The Vascular Access Related Infections: Have We Anticipated Them Adequately?

Erni Juwita Nelwan


The number of patients in need of haemodialysis (HD) is increasing from time to time. In 2018, the Indonesian Renal Registry documented more than 130,000 active patients from 651 registered HD centres. Twenty percent are diabetic patients with end-stage renal disease (ESDR) equal to 8,633 patients. Diabetes Mellitus accounts for 2% of all diabetes cases in the age of 15 year-old and above. Hence, the increasing need for HD is inevitable and is parallel with the need for vascular access procedures.

One of the major problems that occurs with vascular access is the risk of infection. Among HD patients, mortality and morbidity are predominantly associated with infection; about one-fifth as a cause of hospital admissions, one-fourth of the infection-related admissions are due to infection of vascular access. Susilo, reported around 40% of patients with temporary vascular access had an infection. Data is limited and might be also underestimated.

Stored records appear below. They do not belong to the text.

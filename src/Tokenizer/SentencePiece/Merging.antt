-- ===== src/Tokenizer/SentencePiece/Merging.antt =====
-- The merges of `encode_sentencepiece` of src/tokenizer/mod.rs: they end, and keep the text.
use project_willamette.Prelude.{
  ℕ, zero, suc, ◌+◌, ◌≤◌, ◌<◌, ◌≡◌, refl, sym, ap, ◌∙◌, arith, Option, none, some, List, [], ◌∷◌,
  ◌++◌, length, concat, get_elem?, get_elem?-lt, set, All, if-cases, Option-cases, inl, inr,
}
use mathlib.Core.Path.{subst}
use mathlib.Core.List.{append_assoc}
use project_willamette.Sampling.State.{Floats}
use project_willamette.Tokenizer.Pretokenize.Qwen2.{Text}
use project_willamette.Tokenizer.Vocabulary.{token_id, token_id-get, u32_mod}
use project_willamette.Tokenizer.Gpt2.Complete.{IsKnown}
use project_willamette.Tokenizer.SentencePiece.{
  Symbols, live, beats, consider, scan_windows, best_sentencepiece_merge, merge_pair, merge_symbols,
}

-- The symbols that are left.
abbrev pub flatten : Symbols → List Text
flatten [] = []
flatten (none ∷ symbols) = flatten symbols
flatten (some s ∷ symbols) = s ∷ flatten symbols

-- The first symbol that is left is `b`, at an index.
data NextIs : Symbols → ℕ → Text → Type 0 where
  now : (b : Text) (s : Symbols) → NextIs (some b ∷ s) 0 b
  later : {s : Symbols} {k : ℕ} {b : Text} → NextIs s k b → NextIs (none ∷ s) (suc k) b

-- Two symbols that are left, with none left between them.
data Adjacent : Symbols → ℕ → ℕ → Text → Text → Type 0 where
  here :
      {s : Symbols} {k : ℕ} {b : Text} (a : Text)
      → NextIs s k b
      → Adjacent (some a ∷ s) 0 (suc k) a b
  there :
      {s : Symbols} {l r : ℕ} {a b : Text} (o : Option Text)
      → Adjacent s l r a b
      → Adjacent (o ∷ s) (suc l) (suc r) a b

NextIs-get : {s : Symbols} {k : ℕ} {b : Text} → NextIs s k b → get_elem? s k ≡ some (some b)
NextIs-get (now b s) = refl
NextIs-get (later n) = NextIs-get n

-- What the removal of the next symbol leaves.
NextIs-flatten :
    {s : Symbols} {k : ℕ} {b : Text} → NextIs s k b → flatten s ≡ b ∷ flatten (set s k none)
NextIs-flatten (now b s) = refl
NextIs-flatten (later n) = NextIs-flatten n

Adjacent-right :
    {s : Symbols} {l r : ℕ} {a b : Text} → Adjacent s l r a b → get_elem? s r ≡ some (some b)
Adjacent-right (here a n) = NextIs-get n
Adjacent-right (there o d) = Adjacent-right d

Adjacent-left :
    {s : Symbols} {l r : ℕ} {a b : Text}
    → Adjacent s l r a b
    → get_elem? (set s r none) l ≡ some (some a)
Adjacent-left (here a n) = refl
Adjacent-left (there o d) = Adjacent-left d

-- The merge of two symbols, in the list of those that are left.
abbrev Merges : Symbols → Symbols → Text → Text → Type 1
Merges s t a b =
    (concat (flatten t) ≡ concat (flatten s))
    × (suc (length (flatten t)) ≡ length (flatten s))
    × ((P : Text → Type 0) → All P (flatten s) → P (a ++ b) → All P (flatten t))

Adjacent-Merges :
    {s : Symbols} {l r : ℕ} {a b : Text}
    → Adjacent s l r a b
    → Merges s (set (set s r none) l (some (a ++ b))) a b
Adjacent-Merges (here {s} {k} {b} a n) = (
  append_assoc a b (concat (flatten (set s k none)))
      ∙ ap (λ l. a ++ concat l) (sym (NextIs-flatten n)),
  ap (λ l. suc (length l)) (sym (NextIs-flatten n)),
  λ P h p. (p, (subst (All P) (NextIs-flatten n) h.1).1),
)
Adjacent-Merges (there none d) = Adjacent-Merges d
Adjacent-Merges (there (some s) d) =
    let (text, count, keeps) = Adjacent-Merges d in
    (ap (λ t. s ++ t) text, ap suc count, λ P h p. (h.0, keeps P h.1 p))

merge_pair-some :
    {s : Symbols} {l r : ℕ} {a b : Text}
    → Adjacent s l r a b
    → merge_pair s l r ≡ some (set (set s r none) l (some (a ++ b)))
unfolding merge_pair
merge_pair-some d = rw (Adjacent-right d, Adjacent-left d) refl

-- Two entries of the list of symbols that are left, from an index on.
abbrev Windows : Symbols → ℕ → ℕ × Text → ℕ × Text → Type 0
Windows s i (x, a) (y, b) = (l : ℕ) × (r : ℕ) × (x ≡ i + l) × (y ≡ i + r) × Adjacent s l r a b

abbrev EachWindow : (ℕ × Text → ℕ × Text → Type 0) → List (ℕ × Text) → Type 0
EachWindow W [] = Unit
EachWindow W (x ∷ []) = Unit
EachWindow W (x ∷ y ∷ rest) = W x y × EachWindow W (y ∷ rest)

EachWindow-map :
    (V W : ℕ × Text → ℕ × Text → Type 0)
    → ((x y : ℕ × Text) → V x y → W x y)
    → (ws : List (ℕ × Text)) → EachWindow V ws
    → EachWindow W ws
EachWindow-map V W f [] h = tt
EachWindow-map V W f (x ∷ []) h = tt
EachWindow-map V W f (x ∷ y ∷ rest) h = (f x y h.0, EachWindow-map V W f (y ∷ rest) h.1)

live-NextIs :
    (i : ℕ) (s : Symbols) (y : ℕ × Text) (rest : List (ℕ × Text))
    → live i s ≡ y ∷ rest
    → (k : ℕ) × (y.0 ≡ i + k) × NextIs s k y.1
unfolding live
live-NextIs i [] y rest h = cc
live-NextIs i (none ∷ s) y rest h =
    let (k, at, n) = live-NextIs (i + 1) s y rest h in (suc k, omega (arith, at), later n)
live-NextIs i (some b ∷ s) y rest h =
    subst (λ (y : ℕ × Text). (k : ℕ) × (y.0 ≡ i + k) × NextIs (some b ∷ s) k y.1) (head_same h)
      (0, omega arith, now b s)
  where
    head_same : {x y : ℕ × Text} {xs ys : List (ℕ × Text)} → x ∷ xs ≡ y ∷ ys → x ≡ y
    head_same p = cc

live-Windows : (i : ℕ) (s : Symbols) → EachWindow (Windows s i) (live i s)
unfolding live
live-Windows i [] = tt
live-Windows i (none ∷ s) =
    EachWindow-map (Windows s (i + 1)) (Windows (none ∷ s) i)
      (λ x y (l, r, xl, yr, d). (suc l, suc r, omega (arith, xl), omega (arith, yr), there none d))
      (live (i + 1) s) (live-Windows (i + 1) s)
live-Windows i (some a ∷ s) = first (live (i + 1) s) (live-NextIs (i + 1) s) (
    EachWindow-map (Windows s (i + 1)) (Windows (some a ∷ s) i)
      (λ x y (l, r, xl, yr, d).
        (suc l, suc r, omega (arith, xl), omega (arith, yr), there (some a) d))
      (live (i + 1) s) (live-Windows (i + 1) s))
  where
    first :
        (ws : List (ℕ × Text))
        → ((y : ℕ × Text) (rest : List (ℕ × Text))
            → ws ≡ y ∷ rest
            → (k : ℕ) × (y.0 ≡ i + 1 + k) × NextIs s k y.1)
        → EachWindow (Windows (some a ∷ s) i) ws
        → EachWindow (Windows (some a ∷ s) i) ((i, a) ∷ ws)
    first [] next h = tt
    first (y ∷ rest) next h =
        let (k, at, n) = next y rest refl in
        ((0, suc k, omega arith, omega (arith, at), here a n), h)

get_elem?-bound :
    {A : Type 0} (xs : List A) (i : ℕ) (a : A) → get_elem? xs i ≡ some a → i < length xs
get_elem?-bound [] i a h = cc
get_elem?-bound (x ∷ xs) zero a h = omega arith
get_elem?-bound (x ∷ xs) (suc i) a h = omega (arith, get_elem?-bound xs i a h)

module _ {F : Type 0} (f : Floats F) (scores : List F) (tokens : List Text)
    (fit : length tokens ≤ u32_mod) (scored : length tokens ≤ length scores) where
  -- A merge that may be made: of neighbours, into a token.
  abbrev IsMerge : Symbols → Option (ℕ × ℕ × F) → Type 0
  IsMerge s none = Unit
  IsMerge s (some (l, r, score)) =
      (a : Text) × (b : Text) × Adjacent s l r a b × IsKnown tokens (a ++ b)

  -- A step of the search that gives a merge, without a panic.
  abbrev Finds : Symbols → Option (Option (ℕ × ℕ × F)) → Type 0
  Finds s out = (best : Option (ℕ × ℕ × F)) × (out ≡ some best) × IsMerge s best

  consider-Finds :
      (s : Symbols) (l : ℕ) (a : Text) (r : ℕ) (b : Text) (best : Option (ℕ × ℕ × F))
      → Windows s 0 (l, a) (r, b)
      → IsMerge s best
      → Finds s (consider f scores tokens (l, a) (r, b) best)
  unfolding consider
  consider-Finds s l a r b best (l', r', l_at, r_at, near) good =
      elim (Option-cases (token_id tokens (a ++ b))) [
        | inl missing ↦ rw (consider, missing) (best, refl, good)
        | inr (token, found) ↦
            let (score, score_ok) = get_elem?-lt scores token (
              omega (
                arith,
                get_elem?-bound tokens token (a ++ b)
                    (token_id-get tokens (a ++ b) token fit found),
              )) in
            let placed : Adjacent s l r a b =
              subst (λ r. Adjacent s l r a b) {x = r'} {y = r} (omega (arith, r_at))
                (subst (λ l. Adjacent s l r' a b) {x = l'} {y = l} (omega (arith, l_at)) near) in
            rw (consider, found, score_ok)
              (if-cases (λ best. Finds s (some best)) (beats f (l, r, score) best)
                (λ _. (some (l, r, score), refl, (a, b, placed, (token, found))))
                (λ _. (best, refl, good)))
      ]

  scan_windows-Finds :
      (s : Symbols) (ws : List (ℕ × Text)) (best : Option (ℕ × ℕ × F))
      → EachWindow (Windows s 0) ws
      → IsMerge s best
      → Finds s (scan_windows f scores tokens ws best)
  unfolding scan_windows
  scan_windows-Finds s [] best each good = (best, refl, good)
  scan_windows-Finds s (x ∷ []) best each good = (best, refl, good)
  scan_windows-Finds s ((l, a) ∷ (r, b) ∷ rest) best each good =
      let (best', best_ok, good') = consider-Finds s l a r b best each.0 good in
      rw (scan_windows, best_ok) (scan_windows-Finds s ((r, b) ∷ rest) best' each.1 good')

  -- What the loop of merges comes to.
  abbrev pub Merged : Symbols → Option Symbols → Type 1
  Merged s out =
      (t : Symbols) × (out ≡ some t)
      × (concat (flatten t) ≡ concat (flatten s))
      × ((P : Text → Type 0)
          → All P (flatten s)
          → ((u : Text) → IsKnown tokens u → P u)
          → All P (flatten t))

  pub merge_symbols-Merged :
      (fuel : ℕ) (s : Symbols)
      → length (flatten s) < fuel
      → Merged s (merge_symbols f fuel scores tokens s)
  unfolding merge_symbols best_sentencepiece_merge
  merge_symbols-Merged zero s h = elim h [ ]
  merge_symbols-Merged (suc fuel) s h =
      next (scan_windows-Finds s (live 0 s) none (live-Windows 0 s) tt)
        (λ t short. merge_symbols-Merged fuel t short)
    where
      next :
          Finds s (scan_windows f scores tokens (live 0 s) none)
          → ((t : Symbols)
              → length (flatten t) < fuel
              → Merged t (merge_symbols f fuel scores tokens t))
          → Merged s (merge_symbols f (suc fuel) scores tokens s)
      next (none, best_ok, good) again =
          rw (merge_symbols, best_sentencepiece_merge, best_ok) (s, refl, refl, λ P h k. h)
      next (some (l, r, score), best_ok, (a, b, near, known)) again =
          let (text, count, keeps) = Adjacent-Merges near in
          let (t, t_ok, t_text, t_keeps) =
            again (set (set s r none) l (some (a ++ b))) (omega (arith, h, count)) in
          rw (merge_symbols, best_sentencepiece_merge, best_ok, merge_pair-some near)
            (
              t,
              t_ok,
              t_text ∙ text,
              λ P each in_vocabulary.
                  t_keeps P (keeps P each (in_vocabulary (a ++ b) known)) in_vocabulary,
            )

Unfortunately, the available studies examining risk factors for vascular access-associated infection are scarce and mostly collected with substandard methodology. It is to be highlighted that the study of Susilo et al. may represent the population of a  referral hospital for HD, yet as a reader it is worth noting that heterogeneity among centres and populations should be acknowledged. A comprehensive in-depth review and further research of these studies are crucial for a greater level of understanding for the cause of infection and therefore inform effective early detection and prevention strategies to reduce morbidity and mortality among haemodialysis patients, especially at-risk patients.